Another group of atoms are auxochromes, i.e. substituents that do not show absorption in the UV-Vis range, but their presence causes changes in the spectra of the absorbing elements. They enhance the action of the chromophores, which we can often observe in the form of a much more intense colouring of the test substance than in case of their absence in the system. In addition, we divide the auxochromes into bathochromes, e.g. –NH₂, -OH, which shift the absorption maximum towards longer wavelengths, and hypsochromes, such as –CH₃, -CO, which shift the maximum towards shorter wavelengths.

Atomic Absorption Spectroscopy (AAS)

This is another technique using the phenomenon of absorption. It is used to determine chemical elements in the form of samples in any state (liquid, solid, gas) and the measurement itself is based on observing the absorption of radiation of a specific wavelength by free metal atoms.

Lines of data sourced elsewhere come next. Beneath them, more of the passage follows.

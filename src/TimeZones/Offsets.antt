-- ===== src/TimeZones/Offsets.antt =====
-- The offsets in the list of time zones against the zone strings, which have the sign of POSIX.
use ipc_with_cht.Prelude.{
  suc, ◌*◌, ◌≡◌, refl, subst, Option, none, some, List, [], ◌∷◌, arith, inl, inr, leb,
  if◌then◌else◌, Bool-cases,
}
use ipc_with_cht.Prelude.Bytes.{Bytes, same_text}
use ipc_with_cht.Prelude.Integers.{ℤ, pos, negsuc, negate, parse_int}
use ipc_with_cht.TimeZones.{TimezoneInfo, timezone_infos, find_info}

-- The hours behind the letters of a zone string.
unfoldable pub hours_text : Bytes → Bytes
hours_text [] = []
hours_text (c ∷ s) = let rest = hours_text s in if leb b'A' c then rest else c ∷ s

-- Hours to the west as seconds to the east.
abbrev pub seconds_east : ℤ → ℤ
seconds_east (pos n) = negate (3600 * n)
seconds_east (negsuc n) = pos (3600 * suc n)

unfoldable pub posix_offset : Bytes → Option ℤ
unfolding hours_text parse_int
posix_offset s = elim (parse_int (hours_text s)) [ none ↦ none | some h ↦ some (seconds_east h) ]

-- The offset is a number, the one that the zone string means.
abbrev IsOffset : TimezoneInfo → Type 0
IsOffset t =
    (s : ℤ) × ((parse_int (TimezoneInfo.base_utc_offset t) ≡ some s)
      × (posix_offset (TimezoneInfo.tz_string t) ≡ some s))

AllOffsets : List TimezoneInfo → Type 0
AllOffsets [] = Unit
AllOffsets (t ∷ ts) = IsOffset t × AllOffsets ts

timezone_infos-AllOffsets : AllOffsets timezone_infos
unfolding AllOffsets posix_offset
timezone_infos-AllOffsets = (
  (pos 3600, (refl, refl)),
  (
    (pos 0, (refl, refl)),
    (
      (pos 3600, (refl, refl)),
      (
        (pos 7200, (refl, refl)),
        (
          (pos 10800, (refl, refl)),
          (
            (pos 14400, (refl, refl)),
            (
              (pos 18000, (refl, refl)),
              (
                (pos 21600, (refl, refl)),
                (
                  (pos 25200, (refl, refl)),
                  (
                    (pos 28800, (refl, refl)),
                    (
                      (pos 32400, (refl, refl)),
                      (
                        (pos 36000, (refl, refl)),
                        (
                          (pos 39600, (refl, refl)),
                          (
                            (pos 43200, (refl, refl)),
                            (
                              (negsuc 39599, (refl, refl)),
                              (
                                (negsuc 35999, (refl, refl)),
                                (
                                  (negsuc 32399, (refl, refl)),
                                  (
                                    (negsuc 28799, (refl, refl)),
                                    (
                                      (negsuc 25199, (refl, refl)),
                                      (
                                        (negsuc 21599, (refl, refl)),
                                        (
                                          (negsuc 17999, (refl, refl)),
                                          (
                                            (negsuc 14399, (refl, refl)),
                                            (
                                              (negsuc 10799, (refl, refl)),
                                              (
                                                (negsuc 7199, (refl, refl)),
                                                (
                                                  (negsuc 3599, (refl, refl)),
                                                  (
                                                    (negsuc 28799, (refl, refl)),
                                                    ((pos 28800, (refl, refl)), tt),
                                                  ),
                                                ),
                                              ),
                                            ),
                                          ),
                                        ),
                                      ),
                                    ),
                                  ),
                                ),
                              ),
                            ),
                          ),
                        ),
                      ),
                    ),
                  ),
                ),
              ),
            ),
          ),
        ),
      ),
    ),
  ),
)

find_info-IsOffset :
    (k : Bytes) (ts : List TimezoneInfo) (t : TimezoneInfo)
    → AllOffsets ts
    → find_info k ts ≡ some t
    → IsOffset t
unfolding AllOffsets find_info
find_info-IsOffset k [] t a h = absurd (ground arith)
find_info-IsOffset k (u ∷ ts) t (o, a) h = elim (Bool-cases (same_text (TimezoneInfo.id u) k)) [
  | inl b ↦ let q : u ≡ t = ground (arith, b, h) in subst IsOffset q o
  | inr b ↦ find_info-IsOffset k ts t a (ground (arith, b, h))
]

-- Each zone of the list has as its offset from UTC the seconds that its zone string stands for, whose
-- hours count to the west.
offsets_agree :
    (k : Bytes) (t : TimezoneInfo)
    → find_info k timezone_infos ≡ some t
    → (s : ℤ) × ((parse_int (TimezoneInfo.base_utc_offset t) ≡ some s)
        × (posix_offset (TimezoneInfo.tz_string t) ≡ some s))
offsets_agree k t h = find_info-IsOffset k timezone_infos t timezone_infos-AllOffsets h
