-- ===== src/Server/Coordinator/GetSnapshot.antt =====
-- `has` and `getSnapshot` of packages/server/src/coordinator.ts. What the wrapped revoker answers is
-- a parameter, as are the files of the backup directory and the type of the false positive rate.
use express_token_revoker.Prelude.{ℕ, Bool, Option, none, some, List, [], ◌++◌}
use express_token_revoker.Prelude.Result.{Result, ok, err, internal_error, ◌>>=◌}
use express_token_revoker.Prelude.Text.{Text, codes}
use express_token_revoker.Server.Coordinator.{Coordinator}

-- What `existsSync` and `readFileSync` make of a path.
pub data BlobFile : Type 0 where
  missing unreadable : BlobFile
  readable : List ℕ → BlobFile

pub record SnapshotConfig (F : Type 0) : Type 0 where
  pub id : Text
  pub num_items : ℕ
  pub fp_rate : F
  pub rotate_time : ℕ

pub record SnapshotData (F : Type 0) : Type 0 where
  pub current_blob : List ℕ
  pub previous_blob : List ℕ
  pub generation : ℕ
  pub last_backup_lsn : ℕ
  pub num_items : ℕ
  pub fp_rate : F
  pub k : ℕ
  pub rotate_time : ℕ

-- `readBlob`
unfoldable pub read_blob : BlobFile → Result (List ℕ)
read_blob missing = ok []
read_blob unreadable = err internal_error
read_blob (readable bytes) = ok bytes

abbrev pub blob_name : Text → Text → Text
blob_name prefix id = prefix ++ (id ++ codes ".blob")

-- `if (!x) throw new InternalError(...)`
unfoldable pub require : {A : Type 0} → Option A → Result A
require none = err internal_error
require (some a) = ok a

module _ {R : Type 0} where
  unfoldable pub has : (Text → R → Result Bool) → Text → Coordinator R → Result Bool
  unfolding require
  has revoker_has item c = do r ← require c.revoker; revoker_has item r

  -- `current_k` is `manager.current.k`, if the revoker has a manager and that a current filter.
  unfoldable pub get_snapshot :
      {F : Type 0}
      → (R → Option ℕ)
      → (Text → BlobFile)
      → SnapshotConfig F
      → Coordinator R
      → Result (SnapshotData F)
  unfolding require read_blob
  get_snapshot current_k blobs config c = do
    r ← require c.revoker
    k ← require (current_k r)
    current_blob ← read_blob (blobs (blob_name (codes "current-") config.id))
    previous_blob ← read_blob (blobs (blob_name (codes "previous-") config.id))
    ok (record {
      current_blob = current_blob;
      previous_blob = previous_blob;
      generation = c.meta.generation;
      last_backup_lsn = c.meta.last_backup_lsn;
      num_items = config.num_items;
      fp_rate = config.fp_rate;
      k = k;
      rotate_time = config.rotate_time;
    })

The basis of the technique is that an atom can only absorb electromagnetic radiation at a wavelength at which it can also emit it, and this is characteristic only of the given element. With higher energy supplied to the atom, the electrons are excited to higher levels and a greater number of lines is observed in the spectrum. If the energy supplied corresponds to the ionisation potential of the atom, ions such as Na⁺ are formed. The basis for quantitative analysis by atomic absorption spectrometry is the proportionality of absorbance to the number of absorbing atoms and Beer-Lambert law.